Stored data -
****************

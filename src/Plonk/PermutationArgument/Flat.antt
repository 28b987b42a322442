-- ===== src/Plonk/PermutationArgument/Flat.antt =====
-- plonky2/src/plonk/permutation_argument.rs: `compress_paths`.
use native.Mathlib.Decide.{dec_lt}
use plonky.Common.{
  ℕ, zero, suc, ◌+◌, ◌≤◌, ◌<◌, ◌≡◌, refl, sym, ap, subst, ◌∙◌, arith, some, List, length, get_elem?,
  eq_of_some,
}
use plonky.Plonk.PermutationArgument.{Forest, find, compress_from, compress_paths, with_parents}
use plonky.Plonk.PermutationArgument.Chains.{Chain, at_root, up, root_of}
use plonky.Plonk.PermutationArgument.Bounds.{Chain-bound}
use plonky.Plonk.PermutationArgument.Find.{find-Chain}

-- Each node leads to its root; those below `i` in one step.
abbrev IsFlatBelow : List ℕ → ℕ → (ℕ → ℕ) → Type 0
IsFlatBelow ps i root = (z : ℕ) → z < length ps → (d : ℕ) × (z < i → d ≤ 1) × Chain ps d z (root z)

short-parent : (ps : List ℕ) (d z r : ℕ) → d ≤ 1 → Chain ps d z r → get_elem? ps z ≡ some r
short-parent ps d z r h (at_root e) = e
short-parent ps d z r h (up e ne (at_root e')) = e
short-parent ps d z r h (up e ne (up e' ne' c)) = absurd (omega arith)

at_top : (ps : List ℕ) (d z r : ℕ) → get_elem? ps z ≡ some z → Chain ps d z r → d ≡ 0
at_top ps d z r e (at_root h) = refl
at_top ps d z r e (up h ne c) = absurd (ne (eq_of_some (sym h ∙ e)))

shorten : (ps : List ℕ) (d z r : ℕ) → get_elem? ps z ≡ some r → Chain ps d z r → d ≤ 1
shorten ps d z r e (at_root h) = omega arith
shorten ps d z r e (up {d = d'} {p = p} h ne c) =
    let parent : r ≡ p = eq_of_some (sym e ∙ h) in
    let top : get_elem? ps p ≡ some p =
      subst (λ t. get_elem? ps t ≡ some t) parent (root_of ps c) in
    omega (arith, at_top ps d' p r top c)

compress_step :
    (left i : ℕ) (ps ps1 ps' : List ℕ) (r : ℕ)
    → find ps i ≡ some (ps1, r)
    → compress_from left (i + 1) ps1 ≡ some ps'
    → compress_from (suc left) i ps ≡ some ps'
unfolding compress_from
compress_step left i ps ps1 ps' r run run' = rw run run'

compress_from-flat :
    (left i : ℕ) (ps : List ℕ) (root : ℕ → ℕ)
    → left + i ≡ length ps
    → IsFlatBelow ps i root
    → (ps' : List ℕ) × (compress_from left i ps ≡ some ps')
      × (length ps' ≡ length ps)
      × ((z : ℕ) → z < length ps → get_elem? ps' z ≡ some (root z))
unfolding compress_from
compress_from-flat zero i ps root e flat = (
  ps,
  refl,
  refl,
  λ z lt. let (d, small, c) = flat z lt in short-parent ps d z (root z) (small (omega arith)) c,
)
compress_from-flat (suc left) i ps root e flat =
    let (d, _, c) = flat i (omega arith) in
    let short : d ≤ length ps = omega (arith, Chain-bound ps c) in
    let run_at = λ (z : ℕ) (h : z < length ps).
      find-Chain ps d i (root i) (flat z h).0 z (root z) short c (flat z h).2 in
    let (ps1, run, len, direct, _, _, _) = run_at i (omega arith) in
    let flat1 : IsFlatBelow ps1 (i + 1) root = λ z lt.
      let inside : z < length ps = omega (arith, lt, len) in
      let (ps2, run2, _, _, d', le, c2) = run_at z inside in
      let agree : ps2 ≡ ps1 = ap (λ o. o.0) (eq_of_some (sym run2 ∙ run)) in
      let c' = subst (λ l. Chain l d' z (root z)) agree c2 in
      (
        d',
        λ below. elim (dec_lt z i) [
          | yes before ↦ omega (arith, le, (flat z inside).1 before)
          | no after ↦
              let here : i ≡ z = omega (arith, below) in
              shorten ps1 d' z (root z) (subst (λ t. get_elem? ps1 t ≡ some (root t)) here direct)
                c'
        ],
        c',
      ) in
    let (ps', run', len', parents) =
      compress_from-flat left (i + 1) ps1 root (omega (arith, e, len)) flat1 in
    (
      ps',
      compress_step left i ps ps1 ps' (root i) run run',
      len' ∙ len,
      λ z lt. parents z (omega (arith, lt, len)),
    )

-- In a forest in which every node leads to a root: `compress_paths` ends without a panic, and then
-- the parent of every node is its root.
pub compress_paths-flat :
    (forest : Forest) (root : ℕ → ℕ)
    → ((z : ℕ) → z < length forest.parents → (d : ℕ) × Chain forest.parents d z (root z))
    → (ps : List ℕ) × (compress_paths forest ≡ some (with_parents forest ps))
      × (length ps ≡ length forest.parents)
      × ((z : ℕ) → z < length forest.parents → get_elem? ps z ≡ some (root z))
unfolding compress_paths
compress_paths-flat forest root leads =
    let ps = forest.parents in
    let (ps', run, len, parents) =
      compress_from-flat (length ps) 0 ps root (omega arith)
        (λ z lt. ((leads z lt).0, λ below. absurd (omega (arith, below)), (leads z lt).1)) in
    (ps', rw run refl, len, parents)
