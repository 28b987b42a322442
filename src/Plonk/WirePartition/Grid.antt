-- ===== src/Plonk/WirePartition/Grid.antt =====
-- plonky2/src/plonk/permutation_argument.rs: the routed wires, each once.
use native.Mathlib.Decide.{ℕ_discrete}
use plonky.Common.{
  ℕ, zero, suc, ◌+◌, ◌≤◌, ◌<◌, ◌≡◌, refl, sym, ap, ap₂, ◌∙◌, arith, ◌⊎◌, inl, inr, some, List, [],
  ◌∷◌, ◌++◌, get_elem?, eq_of_some,
}
use plonky.Plonk.PermutationArgument.{Wire}
use plonky.Plonk.WirePartition.{range, wire_at, row_wires, grid}

abbrev pub In : Wire → List Wire → Type 0
In w [] = ⊥
In w (x ∷ xs) = (x ≡ w) ⊎ In w xs

abbrev pub Distinct : List Wire → Type 0
Distinct [] = Unit
Distinct (x ∷ xs) = (In x xs → ⊥) × Distinct xs

pub In-append : (w : Wire) (xs ys : List Wire) → In w xs ⊎ In w ys → In w (xs ++ ys)
In-append w [] ys (inl h) = absurd h
In-append w [] ys (inr h) = h
In-append w (x ∷ xs) ys (inl (inl e)) = inl e
In-append w (x ∷ xs) ys (inl (inr h)) = inr (In-append w xs ys (inl h))
In-append w (x ∷ xs) ys (inr h) = inr (In-append w xs ys (inr h))

append-In : (w : Wire) (xs ys : List Wire) → In w (xs ++ ys) → In w xs ⊎ In w ys
append-In w [] ys h = inr h
append-In w (x ∷ xs) ys (inl e) = inl (inl e)
append-In w (x ∷ xs) ys (inr h) = elim (append-In w xs ys h) [ inl a ↦ inl (inr a) | inr b ↦ inr b ]

append-Distinct :
    (xs ys : List Wire)
    → Distinct xs
    → Distinct ys
    → ((w : Wire) → In w xs → In w ys → ⊥)
    → Distinct (xs ++ ys)
append-Distinct [] ys p q apart = q
append-Distinct (x ∷ xs) ys (fresh, p) q apart = (
  λ h. elim (append-In x xs ys h) [ inl a ↦ fresh a | inr b ↦ apart x (inl refl) b ],
  append-Distinct xs ys p q (λ w a b. apart w (inr a) b),
)

-- The place of an element.
pub In-get_elem? : (w : Wire) (xs : List Wire) → In w xs → (i : ℕ) × (get_elem? xs i ≡ some w)
In-get_elem? w [] h = absurd h
In-get_elem? w (x ∷ xs) (inl e) = (0, ap some e)
In-get_elem? w (x ∷ xs) (inr h) = let (i, e) = In-get_elem? w xs h in (suc i, e)

pub get_elem?-In : (w : Wire) (xs : List Wire) (i : ℕ) → get_elem? xs i ≡ some w → In w xs
get_elem?-In w [] i e = cc
get_elem?-In w (x ∷ xs) zero e = inl (eq_of_some e)
get_elem?-In w (x ∷ xs) (suc i) e = inr (get_elem?-In w xs i e)

pub Distinct-get_elem? :
    (xs : List Wire) (i j : ℕ) (w : Wire)
    → Distinct xs
    → get_elem? xs i ≡ some w
    → get_elem? xs j ≡ some w
    → i ≡ j
Distinct-get_elem? [] i j w d p q = cc
Distinct-get_elem? (x ∷ xs) zero zero w d p q = refl
Distinct-get_elem? (x ∷ xs) zero (suc j) w d p q = absurd (d.0 (get_elem?-In x xs j (q ∙ sym p)))
Distinct-get_elem? (x ∷ xs) (suc i) zero w d p q = absurd (d.0 (get_elem?-In x xs i (p ∙ sym q)))
Distinct-get_elem? (x ∷ xs) (suc i) (suc j) w d p q = ap suc (Distinct-get_elem? xs i j w d.1 p q)

-- The wires of a row, from a column on.
row_wires-In :
    (row left column : ℕ) (w : Wire)
    → In w (row_wires row (range left column))
    → (w.row ≡ row) × (column ≤ w.column) × (w.column < column + left)
unfolding row_wires
row_wires-In row zero column w h = absurd h
row_wires-In row (suc left) column w (inl e) = (
  sym (ap (λ u. u.row) e),
  omega (arith, ap (λ u. u.column) e),
  omega (arith, ap (λ u. u.column) e),
)
row_wires-In row (suc left) column w (inr h) =
    let (r, low, high) = row_wires-In row left (suc column) w h in
    (r, omega (arith, low), omega (arith, high))

In-row_wires :
    (row left column : ℕ) (w : Wire)
    → w.row ≡ row
    → column ≤ w.column
    → w.column < column + left
    → In w (row_wires row (range left column))
unfolding row_wires
In-row_wires row zero column w r low high = absurd (omega arith)
In-row_wires row (suc left) column w r low high = elim (ℕ_discrete column w.column) [
  | yes here ↦ inl (ap₂ wire_at (sym r) here)
  | no later ↦ inr (In-row_wires row left (suc column) w r (omega arith) (omega arith))
]

row_wires-Distinct : (row left column : ℕ) → Distinct (row_wires row (range left column))
unfolding row_wires
row_wires-Distinct row zero column = tt
row_wires-Distinct row (suc left) column = (
  λ h. absurd (omega (arith, (row_wires-In row left (suc column) (wire_at row column) h).1)),
  row_wires-Distinct row left (suc column),
)

pub grid-In :
    (left row columns : ℕ) (w : Wire)
    → In w (grid (range left row) (range columns 0))
    → (row ≤ w.row) × (w.row < row + left) × (w.column < columns)
unfolding grid
grid-In zero row columns w h = absurd h
grid-In (suc left) row columns w h = elim (append-In w (row_wires row (range columns 0)) _ h) [
  | inl a ↦
      let (r, _, high) = row_wires-In row columns 0 w a in
      (omega (arith, r), omega (arith, r), omega (arith, high))
  | inr b ↦
      let (low, high, col) = grid-In left (suc row) columns w b in
      (omega (arith, low), omega (arith, high), col)
]

pub In-grid :
    (left row columns : ℕ) (w : Wire)
    → row ≤ w.row
    → w.row < row + left
    → w.column < columns
    → In w (grid (range left row) (range columns 0))
unfolding grid
In-grid zero row columns w low high col = absurd (omega arith)
In-grid (suc left) row columns w low high col = elim (ℕ_discrete w.row row) [
  | yes here ↦
      In-append w (row_wires row (range columns 0)) _
        (inl (In-row_wires row columns 0 w here (omega arith) (omega arith)))
  | no later ↦
      In-append w (row_wires row (range columns 0)) _
        (inr (In-grid left (suc row) columns w (omega arith) (omega arith) col))
]

pub grid-Distinct : (left row columns : ℕ) → Distinct (grid (range left row) (range columns 0))
unfolding grid
grid-Distinct zero row columns = tt
grid-Distinct (suc left) row columns =
    append-Distinct _ _ (row_wires-Distinct row columns 0) (grid-Distinct left (suc row) columns)
      λ w a b.
        absurd (
          omega (arith, (row_wires-In row columns 0 w a).0, (grid-In left (suc row) columns w b).0))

****************

Directions for this task - Each line of the entries that contains the word "IsFlatBelow" should be listed.

Answer space -
abbrev IsFlatBelow : List ℕ → ℕ → (ℕ → ℕ) → Type 0
IsFlatBelow ps i root = (z : ℕ) → z < length ps → (d : ℕ) × (z < i → d ≤ 1) × Chain ps d z (root z)
    → IsFlatBelow ps i root
    let flat1 : IsFlatBelow ps1 (i + 1) root = λ z lt.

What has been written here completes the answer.